See figure 2D of the previous paper from the same group to see the treatment
is toxic (at least to some cell types):
[http://www.ncbi.nlm.nih.gov/pmc/articles/PMC4032847/](http://www.ncbi.nlm.nih.gov/pmc/articles/PMC4032847/)

They don't account for that possibility here. They report in the supplements
that ~1/100,000 cells are already mutants in the control group (Fig S1). This
may be an underestimate since they only detected ~7% mutant cells after
treatment using sequencing, but in fig 1c of the paper they report ~70% using
the T7 endonuclease assay. I don't see where this discrepancy is discussed,
but clearly one of these estimates is not reliable.

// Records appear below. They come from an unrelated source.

-- ===== src/Math/U256/Divide/Exact.antt =====
-- `div` against division of numbers.
use elysium_dex.Base.{
  ℕ, ◌^◌, ◌≤◌, ◌<◌, ◌≡◌, ◌⊎◌, inl, inr, refl, subst, arith, Bool, true, false, not, ltb, ◌==◌,
  if◌then◌else◌, by_branch,
}
use elysium_dex.Errors.{Result, ok, panic}
use elysium_dex.Math.U256.{U256Muldiv, items, zero_u256, num_words}
use elysium_dex.Math.U256.Value.{value, AreWords}
use elysium_dex.Math.U256.Divide.{div, div_u128, div_word, div_normalised}
use elysium_dex.Math.U256.Divide.Normalised.{
  normalised_3_2, normalised_3_3, normalised_4_2, normalised_4_3, normalised_4_4,
}
use elysium_dex.Math.U256.Divide.Scaled.{Divides, IsOverestimated}
use elysium_dex.Math.U256.Divide.Short.{as_division, word_3, word_4, two_by_two}

-- A number with the count of its words.
data Sized : U256Muldiv → ℕ → Type 0 where
  size_0 : Sized (items 0 0 0 0) 0
  size_1 : (a : ℕ) → 0 < a → Sized (items a 0 0 0) 1
  size_2 : (a b : ℕ) → 0 < b → Sized (items a b 0 0) 2
  size_3 : (a b c : ℕ) → 0 < c → Sized (items a b c 0) 3
  size_4 : (a b c d : ℕ) → 0 < d → Sized (items a b c d) 4

is_zero_word : (a : ℕ) → not (a == 0) ≡ false → 0 ≡ a
is_zero_word a e = grind arith

num_words-Sized : (a b c d : ℕ) → Sized (items a b c d) (num_words (items a b c d))
unfolding num_words
num_words-Sized a b c d =
    by_branch (Sized (items a b c d)) (not (d == 0)) (λ top. size_4 a b c d (grind arith))
      λ low_3.
        subst (λ d. Sized (items a b c d) (below_3 a b c)) (is_zero_word d low_3)
          (by_branch (Sized (items a b c 0)) (not (c == 0)) (λ top. size_3 a b c (grind arith))
            λ low_2.
              subst (λ c. Sized (items a b c 0) (below_2 a b)) (is_zero_word c low_2)
                (by_branch (Sized (items a b 0 0)) (not (b == 0)) (λ top. size_2 a b (grind arith))
                  λ low_1.
                    subst (λ b. Sized (items a b 0 0) (below_1 a)) (is_zero_word b low_1)
                      (by_branch (Sized (items a 0 0 0)) (not (a == 0))
                        (λ top. size_1 a (grind arith))
                        λ low_0.
                          subst (λ a. Sized (items a 0 0 0) 0) (is_zero_word a low_0) size_0)))
  where
    below_1 : ℕ → ℕ
    below_1 a = if not (a == 0) then 1 else 0

    below_2 : ℕ → ℕ → ℕ
    below_2 a b = if not (b == 0) then 2 else below_1 a

    below_3 : ℕ → ℕ → ℕ → ℕ
    below_3 a b c = if not (c == 0) then 3 else below_2 a b

-- `div`, given the counts.
abbrev div_at : (m n : ℕ) → (u v : U256Muldiv) → Bool → Result (U256Muldiv × U256Muldiv)
div_at m n dividend divisor return_remainder =
    if n == 0
    then panic
    else if m == 0
    then ok (zero_u256, zero_u256)
    else if ltb m n
    then ok (zero_u256, if return_remainder then dividend else zero_u256)
    else if ltb m 3
    then div_u128 dividend divisor return_remainder
    else if n == 1
    then div_word m dividend divisor return_remainder
    else div_normalised m n dividend divisor return_remainder

-- A division by zero panics; another divides, or panics, which it does only for four words by three
-- or more, and where the top words of the two, shifted, overestimate the quotient.
abbrev pub Outcomes : (u v : U256Muldiv) → Bool → Result (U256Muldiv × U256Muldiv) → Type 0
Outcomes u v return_remainder result =
    ((value v ≡ 0) × (result ≡ panic))
    ⊎ (((0 < value v) × Divides u v return_remainder result)
        ⊎ ((result ≡ panic) × (2 ^ 192 ≤ value u) × (2 ^ 128 ≤ value v) × IsOverestimated u v))

zero-AreWords : AreWords zero_u256
zero-AreWords = (omega arith, omega arith, omega arith, omega arith)

-- A dividend below the divisor.
smaller :
    (u v : U256Muldiv) (flag : Bool)
    → AreWords u
    → value u < value v
    → Outcomes u v flag (ok (zero_u256, if flag then u else zero_u256))
smaller u v flag hu less = inr (
    inl (
      omega arith,
      as_division u v flag zero_u256 u _ (omega arith) zero-AreWords hu (omega arith) less refl,
    ))

zero_dividend :
    (v : U256Muldiv) (flag : Bool)
    → 0 < value v
    → Outcomes zero_u256 v flag (ok (zero_u256, zero_u256))
zero_dividend v true positive = smaller zero_u256 v true zero-AreWords positive
zero_dividend v false positive = smaller zero_u256 v false zero-AreWords positive

large_panics :
    (u v : U256Muldiv) (flag : Bool) (result : Result (U256Muldiv × U256Muldiv))
    → 2 ^ 192 ≤ value u
    → 2 ^ 128 ≤ value v
    → Divides u v flag result ⊎ (result ≡ panic × IsOverestimated u v)
    → Outcomes u v flag result
large_panics u v flag result hu hv (inl divides) = inr (inl (omega arith, divides))
large_panics u v flag result hu hv (inr (panics, over)) = inr (inr (panics, hu, hv, over))

div_at-Outcomes :
    (u v : U256Muldiv) (m n : ℕ) (flag : Bool)
    → Sized u m
    → Sized v n
    → AreWords u
    → AreWords v
    → Outcomes u v flag (div_at m n u v flag)
div_at-Outcomes u v m n flag counted size_0 hu hv = inl (omega arith, refl)
div_at-Outcomes u v m n flag size_0 (size_1 b0 pb) hu hv =
    zero_dividend (items b0 0 0 0) flag (omega arith)
div_at-Outcomes u v m n flag size_0 (size_2 b0 b1 pb) hu hv =
    zero_dividend (items b0 b1 0 0) flag (omega arith)
div_at-Outcomes u v m n flag size_0 (size_3 b0 b1 b2 pb) hu hv =
    zero_dividend (items b0 b1 b2 0) flag (omega arith)
div_at-Outcomes u v m n flag size_0 (size_4 b0 b1 b2 b3 pb) hu hv =
    zero_dividend (items b0 b1 b2 b3) flag (omega arith)
div_at-Outcomes u v m n flag (size_1 a0 pa) (size_1 b0 pb) hu hv =
    inr (inl (omega arith, two_by_two a0 0 b0 0 flag hu.0 hu.1 hv.0 hv.1 (omega arith)))
div_at-Outcomes u v m n flag (size_1 a0 pa) (size_2 b0 b1 pb) hu hv =
    smaller (items a0 0 0 0) (items b0 b1 0 0) flag hu (omega arith)
div_at-Outcomes u v m n flag (size_1 a0 pa) (size_3 b0 b1 b2 pb) hu hv =
    smaller (items a0 0 0 0) (items b0 b1 b2 0) flag hu (omega arith)
div_at-Outcomes u v m n flag (size_1 a0 pa) (size_4 b0 b1 b2 b3 pb) hu hv =
    smaller (items a0 0 0 0) (items b0 b1 b2 b3) flag hu (omega arith)
div_at-Outcomes u v m n flag (size_2 a0 a1 pa) (size_1 b0 pb) hu hv =
    inr (inl (omega arith, two_by_two a0 a1 b0 0 flag hu.0 hu.1 hv.0 hv.1 (omega arith)))
div_at-Outcomes u v m n flag (size_2 a0 a1 pa) (size_2 b0 b1 pb) hu hv =
    inr (inl (omega arith, two_by_two a0 a1 b0 b1 flag hu.0 hu.1 hv.0 hv.1 (omega arith)))
div_at-Outcomes u v m n flag (size_2 a0 a1 pa) (size_3 b0 b1 b2 pb) hu hv =
    smaller (items a0 a1 0 0) (items b0 b1 b2 0) flag hu (omega arith)
div_at-Outcomes u v m n flag (size_2 a0 a1 pa) (size_4 b0 b1 b2 b3 pb) hu hv =
    smaller (items a0 a1 0 0) (items b0 b1 b2 b3) flag hu (omega arith)
div_at-Outcomes u v m n flag (size_3 a0 a1 a2 pa) (size_1 b0 pb) hu hv =
    inr (inl (omega arith, word_3 a0 a1 a2 b0 flag hu pb hv.0))
div_at-Outcomes u v m n flag (size_3 a0 a1 a2 pa) (size_2 b0 b1 pb) hu hv =
    inr (inl (omega arith, normalised_3_2 a0 a1 a2 b0 b1 flag hu hv pb))
div_at-Outcomes u v m n flag (size_3 a0 a1 a2 pa) (size_3 b0 b1 b2 pb) hu hv =
    inr (inl (omega arith, normalised_3_3 a0 a1 a2 b0 b1 b2 flag hu hv pb))
div_at-Outcomes u v m n flag (size_3 a0 a1 a2 pa) (size_4 b0 b1 b2 b3 pb) hu hv =
    smaller (items a0 a1 a2 0) (items b0 b1 b2 b3) flag hu (omega arith)
div_at-Outcomes u v m n flag (size_4 a0 a1 a2 a3 pa) (size_1 b0 pb) hu hv =
    inr (inl (omega arith, word_4 a0 a1 a2 a3 b0 flag hu pb hv.0))
div_at-Outcomes u v m n flag (size_4 a0 a1 a2 a3 pa) (size_2 b0 b1 pb) hu hv =
    inr (inl (omega arith, normalised_4_2 a0 a1 a2 a3 b0 b1 flag hu hv pb))
div_at-Outcomes u v m n flag (size_4 a0 a1 a2 a3 pa) (size_3 b0 b1 b2 pb) hu hv =
    large_panics (items a0 a1 a2 a3) (items b0 b1 b2 0) flag _ (omega arith) (omega arith)
      (normalised_4_3 a0 a1 a2 a3 b0 b1 b2 flag hu hv pb)
div_at-Outcomes u v m n flag (size_4 a0 a1 a2 a3 pa) (size_4 b0 b1 b2 b3 pb) hu hv =
    large_panics (items a0 a1 a2 a3) (items b0 b1 b2 b3) flag _ (omega arith) (omega arith)
      (normalised_4_4 a0 a1 a2 a3 b0 b1 b2 b3 flag hu hv pb)

pub div-Outcomes :
    (u v : U256Muldiv) (return_remainder : Bool)
    → AreWords u
    → AreWords v
    → Outcomes u v return_remainder (div u v return_remainder)
unfolding div
div-Outcomes u v flag hu hv =
    div_at-Outcomes u v (num_words u) (num_words v) flag
      (num_words-Sized u.item_0 u.item_1 u.item_2 u.item_3)
      (num_words-Sized v.item_0 v.item_1 v.item_2 v.item_3) hu hv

Anyway, as they write in the abstract: "The targeted sites contained germline-
transmissible small insertions or deletions that are indistinguishable from
naturally occurring genetic variation."

Yes, and they may very well be detecting natural variation by selecting for
the pre-existing mutants. Even using the .01 % pre-existing mutant value there
would be 10 mutants in the dish of ~10^5 cells. If the treatment kills 99.9%
of the normals you would be left with around 10 mutant and 100 normal
colonies. This is about the size of the observed effect according to the
sequencing method.

They need to report how many cells were remaining after the CRISPR-Cas9
treatment and figure out why the T7 endonuclease assay is disagreeing with the
sequencing by an order of magnitude.